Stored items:
------------------------------------

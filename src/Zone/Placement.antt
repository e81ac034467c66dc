-- ===== src/Zone/Placement.antt =====
-- Where a zone's entities stand (src/NECROWorld/Server/Simulation/Maps/Zone.cpp): the cells' lists
-- agree with the entities' own cell pointers.
use necro_mmo.Common.{
  ℕ, zero, suc, ◌+◌, ◌-◌, ◌*◌, ◌<◌, ◌≡◌, refl, Option, none, some, List, [], ◌∷◌, ◌++◌, get_elem?,
  set, ◌==◌, if◌then◌else◌, arith, Option-cases, Bool-cases, inl, inr,
}
use necro_mmo.Common.Dict.{
  Dict, lookup, insert, erase, Distinct, lookup-insert, lookup-erase_self, lookup-erase_ne,
}
use necro_mmo.Common.Int.{ℤ, pos}
use necro_mmo.Entity.{Entity}
use necro_mmo.Zone.{Cell, Zone, add_entity_here, remove_entity_here, erase_first}

abbrev pub count : ℕ → List ℕ → ℕ
count g [] = 0
count g (x ∷ xs) = if x == g then suc (count g xs) else count g xs

pub count-append_one :
    (g h : ℕ) (xs : List ℕ) → count g (xs ++ h ∷ []) ≡ count g xs + (if h == g then 1 else 0)
count-append_one g h [] = ground arith
count-append_one g h (x ∷ xs) = ground (arith, count-append_one g h xs)

-- Only an entry that is there goes.
pub count-erase_first :
    (g h : ℕ) (xs : List ℕ) → count g (erase_first h xs) ≡ count g xs - (if h == g then 1 else 0)
count-erase_first g h [] = ground arith
count-erase_first g h (x ∷ xs) = ground (arith, count-erase_first g h xs)

-- The guids that a cell lists.
abbrev pub here_at : List Cell → ℕ → List ℕ
here_at [] i = []
here_at (c ∷ cs) zero = c.entities_here
here_at (c ∷ cs) (suc i) = here_at cs i

-- A cell's coordinates.
abbrev pub corner : List Cell → ℕ → Option (ℤ × ℤ)
corner [] i = none
corner (c ∷ cs) zero = some (c.cell_x, c.cell_y)
corner (c ∷ cs) (suc i) = corner cs i

pub corner-get_elem? :
    (cs : List Cell) (i : ℕ) (p : ℤ × ℤ)
    → corner cs i ≡ some p
    → (c : Cell) × (get_elem? cs i ≡ some c)
      × (p ≡ (c.cell_x, c.cell_y))
      × (here_at cs i ≡ c.entities_here)
corner-get_elem? [] i p e = cc
corner-get_elem? (c ∷ cs) zero p e = (c, refl, cc, refl)
corner-get_elem? (c ∷ cs) (suc i) p e = corner-get_elem? cs i p e

-- A cell that is changed in its list alone.
pub here_at-set :
    (cs : List Cell) (i j : ℕ) (c d : Cell)
    → get_elem? cs j ≡ some c
    → here_at (set cs j d) i ≡ (if j == i then d.entities_here else here_at cs i)
here_at-set [] i j c d e = cc
here_at-set (x ∷ cs) zero zero c d e = refl
here_at-set (x ∷ cs) (suc i) zero c d e = ground arith
here_at-set (x ∷ cs) zero (suc j) c d e = ground arith
here_at-set (x ∷ cs) (suc i) (suc j) c d e = ground (arith, here_at-set cs i j c d e)

pub corner-set :
    (cs : List Cell) (i j : ℕ) (c d : Cell)
    → get_elem? cs j ≡ some c
    → d.cell_x ≡ c.cell_x
    → d.cell_y ≡ c.cell_y
    → corner (set cs j d) i ≡ corner cs i
corner-set [] i j c d e ex ey = cc
corner-set (x ∷ cs) zero zero c d e ex ey = ground (arith, ex, ey)
corner-set (x ∷ cs) (suc i) zero c d e ex ey = refl
corner-set (x ∷ cs) zero (suc j) c d e ex ey = refl
corner-set (x ∷ cs) (suc i) (suc j) c d e ex ey = corner-set cs i j c d e ex ey

abbrev pub stands : ℕ → Option ℕ → ℕ
stands i none = 0
stands i (some j) = if j == i then 1 else 0

-- How often a cell should list a guid: once, where the entity's pointer says so.
abbrev pub standing : ℕ → ℕ → Dict Entity → ℕ
standing g i es = elim (lookup g es) [ none ↦ 0 | some e ↦ stands i e.current_cell ]

abbrev pub Placed : List Cell → Dict Entity → Type 0
Placed cs es = (g i : ℕ) → count g (here_at cs i) ≡ standing g i es

pub here_at-get_elem? :
    (cs : List Cell) (i : ℕ) (c : Cell) → get_elem? cs i ≡ some c → here_at cs i ≡ c.entities_here
here_at-get_elem? [] i c e = cc
here_at-get_elem? (x ∷ cs) zero c e = ground (arith, e)
here_at-get_elem? (x ∷ cs) (suc i) c e = here_at-get_elem? cs i c e

module _ (cs : List Cell) (es : Dict Entity) (j : ℕ) (c : Cell) (h : ℕ) where
  -- An unknown guid enters the cell `j`.
  pub Placed-enter :
      (e : Entity)
      → Placed cs es
      → get_elem? cs j ≡ some c
      → lookup h es ≡ none
      → e.current_cell ≡ some j
      → Placed (set cs j (add_entity_here h c)) (insert h e es)
  unfolding add_entity_here
  Placed-enter e p found new stands_in g i = ground (
    arith,
    p g i,
    here_at-set cs i j c (add_entity_here h c) found,
    here_at-get_elem? cs j c found,
    count-append_one g h c.entities_here,
    lookup-insert h g e es,
  )

  -- The guid of an entity that stands in the cell `j` leaves it, and the zone.
  pub Placed-leave :
      (e : Entity)
      → Distinct es
      → Placed cs es
      → get_elem? cs j ≡ some c
      → lookup h es ≡ some e
      → e.current_cell ≡ some j
      → Placed (set cs j (remove_entity_here h c)) (erase h es)
  unfolding remove_entity_here
  Placed-leave e d p found known stands_in g i = elim (Bool-cases (h == g)) [
    | inl same ↦ ground (
      arith,
      p g i,
      here_at-set cs i j c (remove_entity_here h c) found,
      here_at-get_elem? cs j c found,
      count-erase_first g h c.entities_here,
      lookup-erase_self h es d,
    )
    | inr other ↦ ground (
      arith,
      p g i,
      here_at-set cs i j c (remove_entity_here h c) found,
      here_at-get_elem? cs j c found,
      count-erase_first g h c.entities_here,
      lookup-erase_ne h g es,
    )
  ]

-- An entity that the zone owns under its guid knows its zone, and its grid position is that of the
-- cell that it points to.
pub record Located (zone_id : ℕ) (cs : List Cell) (g : ℕ) (e : Entity) : Type 0 where
  pub own : e.guid ≡ g
  pub home : e.current_zone ≡ some zone_id
  pub cell : ℕ
  pub stands_in : e.current_cell ≡ some cell
  pub on_grid : corner cs cell ≡ some (e.cur_grid_pos_x, e.cur_grid_pos_y)

-- The invariant of a zone.
pub record IsValid (z : Zone) : Type 0 where
  pub distinct : Distinct z.entities
  pub grid :
      (x y : ℕ)
      → x < z.width
      → y < z.height
      → corner z.cell_map (y * z.width + x) ≡ some (pos x, pos y)
  pub placed : Placed z.cell_map z.entities
  pub located :
      (g : ℕ) (e : Entity) → lookup g z.entities ≡ some e → Located z.zone_id z.cell_map g e

-- A guid that stands in a cell's list is that of an entity that the zone owns, and it is listed once.
pub listed-owned :
    (z : Zone) (g i : ℕ)
    → IsValid z
    → 0 < count g (here_at z.cell_map i)
    → (e : Entity) × (lookup g z.entities ≡ some e) × (e.current_cell ≡ some i)
listed-owned z g i v h = elim (Option-cases (lookup g z.entities)) [
  | inl gone ↦ absurd (ground (arith, v.placed g i))
  | inr (e, found) ↦ (e, found, cell_of e.current_cell (ground (arith, v.placed g i)))
]
  where
    cell_of : (o : Option ℕ) → 0 < stands i o → o ≡ some i
    cell_of none k = absurd (omega arith)
    cell_of (some j) k = ground arith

------------------------------------

Your reply should consist of all the records, restated exactly.

- [REPLY TO THE EXERCISE]
filename src/Zone/Placement.antt
repository e81ac034467c66dc
-- ===== src/Zone/Placement.antt =====
-- Where a zone's entities stand (src/NECROWorld/Server/Simulation/Maps/Zone.cpp): the cells' lists
-- agree with the entities' own cell pointers.
use necro_mmo.Common.{
  ℕ, zero, suc, ◌+◌, ◌-◌, ◌*◌, ◌<◌, ◌≡◌, refl, Option, none, some, List, [], ◌∷◌, ◌++◌, get_elem?,
  set, ◌==◌, if◌then◌else◌, arith, Option-cases, Bool-cases, inl, inr,
}
use necro_mmo.Common.Dict.{
  Dict, lookup, insert, erase, Distinct, lookup-insert, lookup-erase_self, lookup-erase_ne,
}
use necro_mmo.Common.Int.{ℤ, pos}
use necro_mmo.Entity.{Entity}
use necro_mmo.Zone.{Cell, Zone, add_entity_here, remove_entity_here, erase_first}

abbrev pub count : ℕ → List ℕ → ℕ
count g [] = 0
count g (x ∷ xs) = if x == g then suc (count g xs) else count g xs

pub count-append_one :
    (g h : ℕ) (xs : List ℕ) → count g (xs ++ h ∷ []) ≡ count g xs + (if h == g then 1 else 0)
count-append_one g h [] = ground arith
count-append_one g h (x ∷ xs) = ground (arith, count-append_one g h xs)

-- Only an entry that is there goes.
pub count-erase_first :
    (g h : ℕ) (xs : List ℕ) → count g (erase_first h xs) ≡ count g xs - (if h == g then 1 else 0)
count-erase_first g h [] = ground arith
count-erase_first g h (x ∷ xs) = ground (arith, count-erase_first g h xs)

-- The guids that a cell lists.
abbrev pub here_at : List Cell → ℕ → List ℕ
here_at [] i = []
here_at (c ∷ cs) zero = c.entities_here
here_at (c ∷ cs) (suc i) = here_at cs i

-- A cell's coordinates.
abbrev pub corner : List Cell → ℕ → Option (ℤ × ℤ)
corner [] i = none
corner (c ∷ cs) zero = some (c.cell_x, c.cell_y)
corner (c ∷ cs) (suc i) = corner cs i

pub corner-get_elem? :
    (cs : List Cell) (i : ℕ) (p : ℤ × ℤ)
    → corner cs i ≡ some p
    → (c : Cell) × (get_elem? cs i ≡ some c)
      × (p ≡ (c.cell_x, c.cell_y))
      × (here_at cs i ≡ c.entities_here)
corner-get_elem? [] i p e = cc
corner-get_elem? (c ∷ cs) zero p e = (c, refl, cc, refl)
corner-get_elem? (c ∷ cs) (suc i) p e = corner-get_elem? cs i p e

-- A cell that is changed in its list alone.
pub here_at-set :
    (cs : List Cell) (i j : ℕ) (c d : Cell)
    → get_elem? cs j ≡ some c
    → here_at (set cs j d) i ≡ (if j == i then d.entities_here else here_at cs i)
here_at-set [] i j c d e = cc
here_at-set (x ∷ cs) zero zero c d e = refl
here_at-set (x ∷ cs) (suc i) zero c d e = ground arith
here_at-set (x ∷ cs) zero (suc j) c d e = ground arith
here_at-set (x ∷ cs) (suc i) (suc j) c d e = ground (arith, here_at-set cs i j c d e)

pub corner-set :
    (cs : List Cell) (i j : ℕ) (c d : Cell)
    → get_elem? cs j ≡ some c
    → d.cell_x ≡ c.cell_x
    → d.cell_y ≡ c.cell_y
    → corner (set cs j d) i ≡ corner cs i
corner-set [] i j c d e ex ey = cc
corner-set (x ∷ cs) zero zero c d e ex ey = ground (arith, ex, ey)
corner-set (x ∷ cs) (suc i) zero c d e ex ey = refl
corner-set (x ∷ cs) zero (suc j) c d e ex ey = refl
corner-set (x ∷ cs) (suc i) (suc j) c d e ex ey = corner-set cs i j c d e ex ey

abbrev pub stands : ℕ → Option ℕ → ℕ
stands i none = 0
stands i (some j) = if j == i then 1 else 0

-- How often a cell should list a guid: once, where the entity's pointer says so.
abbrev pub standing : ℕ → ℕ → Dict Entity → ℕ
standing g i es = elim (lookup g es) [ none ↦ 0 | some e ↦ stands i e.current_cell ]

abbrev pub Placed : List Cell → Dict Entity → Type 0
Placed cs es = (g i : ℕ) → count g (here_at cs i) ≡ standing g i es

pub here_at-get_elem? :
    (cs : List Cell) (i : ℕ) (c : Cell) → get_elem? cs i ≡ some c → here_at cs i ≡ c.entities_here
here_at-get_elem? [] i c e = cc
here_at-get_elem? (x ∷ cs) zero c e = ground (arith, e)
here_at-get_elem? (x ∷ cs) (suc i) c e = here_at-get_elem? cs i c e

module _ (cs : List Cell) (es : Dict Entity) (j : ℕ) (c : Cell) (h : ℕ) where
  -- An unknown guid enters the cell `j`.
  pub Placed-enter :
      (e : Entity)
      → Placed cs es
      → get_elem? cs j ≡ some c
      → lookup h es ≡ none
      → e.current_cell ≡ some j
      → Placed (set cs j (add_entity_here h c)) (insert h e es)
  unfolding add_entity_here
  Placed-enter e p found new stands_in g i = ground (
    arith,
    p g i,
    here_at-set cs i j c (add_entity_here h c) found,
    here_at-get_elem? cs j c found,
    count-append_one g h c.entities_here,
    lookup-insert h g e es,
  )

  -- The guid of an entity that stands in the cell `j` leaves it, and the zone.
  pub Placed-leave :
      (e : Entity)
      → Distinct es
      → Placed cs es
      → get_elem? cs j ≡ some c
      → lookup h es ≡ some e
      → e.current_cell ≡ some j
      → Placed (set cs j (remove_entity_here h c)) (erase h es)
  unfolding remove_entity_here
  Placed-leave e d p found known stands_in g i = elim (Bool-cases (h == g)) [
    | inl same ↦ ground (
      arith,
      p g i,
      here_at-set cs i j c (remove_entity_here h c) found,
      here_at-get_elem? cs j c found,
      count-erase_first g h c.entities_here,
      lookup-erase_self h es d,
    )
    | inr other ↦ ground (
      arith,
      p g i,
      here_at-set cs i j c (remove_entity_here h c) found,
      here_at-get_elem? cs j c found,
      count-erase_first g h c.entities_here,
      lookup-erase_ne h g es,
    )
  ]

-- An entity that the zone owns under its guid knows its zone, and its grid position is that of the
-- cell that it points to.
pub record Located (zone_id : ℕ) (cs : List Cell) (g : ℕ) (e : Entity) : Type 0 where
  pub own : e.guid ≡ g
  pub home : e.current_zone ≡ some zone_id
  pub cell : ℕ
  pub stands_in : e.current_cell ≡ some cell
  pub on_grid : corner cs cell ≡ some (e.cur_grid_pos_x, e.cur_grid_pos_y)

-- The invariant of a zone.
pub record IsValid (z : Zone) : Type 0 where
  pub distinct : Distinct z.entities
  pub grid :
      (x y : ℕ)
      → x < z.width
      → y < z.height
      → corner z.cell_map (y * z.width + x) ≡ some (pos x, pos y)
  pub placed : Placed z.cell_map z.entities
  pub located :
      (g : ℕ) (e : Entity) → lookup g z.entities ≡ some e → Located z.zone_id z.cell_map g e

-- A guid that stands in a cell's list is that of an entity that the zone owns, and it is listed once.
pub listed-owned :
    (z : Zone) (g i : ℕ)
    → IsValid z
    → 0 < count g (here_at z.cell_map i)
    → (e : Entity) × (lookup g z.entities ≡ some e) × (e.current_cell ≡ some i)
listed-owned z g i v h = elim (Option-cases (lookup g z.entities)) [
  | inl gone ↦ absurd (ground (arith, v.placed g i))
  | inr (e, found) ↦ (e, found, cell_of e.current_cell (ground (arith, v.placed g i)))
]
  where
    cell_of : (o : Option ℕ) → 0 < stands i o → o ≡ some i
    cell_of none k = absurd (omega arith)
    cell_of (some j) k = ground arith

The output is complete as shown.